• Your instructions
Please report every line from the material that contains the word "fixpoint".

• Records supplied
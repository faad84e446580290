-- ===== src/H2/Build/Repeated.antt =====
-- An action whose precondition names a fluent twice, as grounding makes it when two parameters get
-- one object: its pair of equal facts is looked up on the diagonal, which `compute` never sets.
use ran_tan_plan.Prelude.{
  ℕ, zero, suc, ◌≤◌, ◌≡◌, refl, subst, inl, inr, Bool, false, List, [], ◌∷◌, arith, foldl, In,
  Distinct, Bool-cases, some, >>=-eq-some, eq_of_some, get_or, get_or-replicate, replicate, ⊎_elim,
}
use ran_tan_plan.Expr.Node.{ExprId}
use ran_tan_plan.Problem.{Problem}
use ran_tan_plan.H2.{ActionData, Tables, applicable, fixpoint}
use ran_tan_plan.H2.Diagonal.{
  NoDiagonal, mark_co_reachable-NoDiagonal, fixpoint-NoDiagonal, repeated-applicable,
}
use ran_tan_plan.H2.Build.{
  Checker, no_marks, initially_true, init_facts, init_reachable, init_pair, init_pairs,
  initial_tables, compute, all_data, rounds,
}
use ran_tan_plan.H2.Build.Covered.{facts}
use ran_tan_plan.H2.Build.Reached.{n, init}

no_row :
    (k i : ℕ) → get_or {A = Bool} (get_or (replicate k (replicate k false)) i []) i false ≡ false
no_row k i = rows k k i i
  where
    rows : (m k i j : ℕ) → get_or (get_or (replicate m (replicate k false)) i []) j false ≡ false
    rows zero k i j = refl
    rows (suc m) k zero j = get_or-replicate k j false
    rows (suc m) k (suc i) j = rows m k i j

init_reachable-NoDiagonal :
    (is : List ℕ) (s : Tables) → NoDiagonal s → NoDiagonal (foldl init_reachable s is)
unfolding init_reachable
init_reachable-NoDiagonal [] s d = d
init_reachable-NoDiagonal (i ∷ is) s d = init_reachable-NoDiagonal is (init_reachable s i) d

init_pair-NoDiagonal :
    (i : ℕ) (js : List ℕ) (s : Tables)
    → ¬ In i js
    → NoDiagonal s
    → NoDiagonal (foldl (init_pair i) s js)
unfolding init_pair
init_pair-NoDiagonal i [] s h d = d
init_pair-NoDiagonal i (j ∷ js) s h d =
    init_pair-NoDiagonal i js (init_pair i s j) (λ m. h (inr m))
      (mark_co_reachable-NoDiagonal s i j (λ e. h (inl e)) d)

init_pairs-NoDiagonal :
    (is : List ℕ) (s : Tables) → Distinct is → NoDiagonal s → NoDiagonal (init_pairs is s)
unfolding init_pairs
init_pairs-NoDiagonal [] s h d = d
init_pairs-NoDiagonal (i ∷ is) s h d =
    init_pairs-NoDiagonal is (foldl (init_pair i) s is) h.1 (init_pair-NoDiagonal i is s h.0 d)

init_facts-le : (p : Problem) (i : ℕ) (fs : List ExprId) (j : ℕ) → In j (init_facts p i fs) → i ≤ j
unfolding init_facts
init_facts-le p i [] j m = absurd m
init_facts-le p i (f ∷ fs) j m = elim (Bool-cases (initially_true p f p.initial_state)) [
  | inl e ↦
      ⊎_elim (λ k. omega arith) (λ k. omega (arith, init_facts-le p (suc i) fs j k))
        (rw (e, init_facts) at m)
  | inr e ↦ omega (arith, init_facts-le p (suc i) fs j (rw (e, init_facts) at m))
]

init_facts-Distinct : (p : Problem) (i : ℕ) (fs : List ExprId) → Distinct (init_facts p i fs)
unfolding init_facts
init_facts-Distinct p i [] = tt
init_facts-Distinct p i (f ∷ fs) = elim (Bool-cases (initially_true p f p.initial_state)) [
  | inl e ↦
      rw (e, init_facts)
        (
          (λ m. absurd (omega (arith, init_facts-le p (suc i) fs i m))),
          init_facts-Distinct p (suc i) fs,
        )
  | inr e ↦ rw (e, init_facts) (init_facts-Distinct p (suc i) fs)
]

compute-NoDiagonal :
    (p : Problem) (fuel : ℕ) (c : Checker) → compute p fuel ≡ some c → NoDiagonal c.tables
unfolding compute initial_tables no_marks
compute-NoDiagonal p fuel c made =
    let (acts, datas, h) = >>=-eq-some (all_data p (facts p) fuel p.actions) _ made in
    let (t, ends, h') =
      >>=-eq-some (fixpoint (n p) acts (rounds (n p)) (initial_tables (n p) (init p))) _ h in
    let begin =
      init_pairs-NoDiagonal (init p) _ (init_facts-Distinct p 0 (facts p))
        (init_reachable-NoDiagonal (init p) (no_marks (n p)) (no_row (n p))) in
    subst (λ (x : Checker). NoDiagonal x.tables) (eq_of_some h')
      (fixpoint-NoDiagonal (n p) acts (rounds (n p)) (initial_tables (n p) (init p)) t begin ends)

-- In the tables that `compute` leaves, an action that lists a precondition twice is not applicable,
-- whatever the initial state, and no fact is marked as co-reachable with itself.
pub compute-repeated :
    (p : Problem) (fuel : ℕ) (c : Checker) (d : ActionData)
    → compute p fuel ≡ some c
    → ¬ Distinct d.preconditions
    → (applicable c.tables d ≡ false) × NoDiagonal c.tables
compute-repeated p fuel c d made h =
    let none_set = compute-NoDiagonal p fuel c made in
    (repeated-applicable c.tables d none_set h, none_set)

• Answer for this exercise
use ran_tan_plan.H2.{ActionData, Tables, applicable, fixpoint}
  NoDiagonal, mark_co_reachable-NoDiagonal, fixpoint-NoDiagonal, repeated-applicable,
      >>=-eq-some (fixpoint (n p) acts (rounds (n p)) (initial_tables (n p) (init p))) _ h in
      (fixpoint-NoDiagonal (n p) acts (rounds (n p)) (initial_tables (n p) (init p)) t begin ends)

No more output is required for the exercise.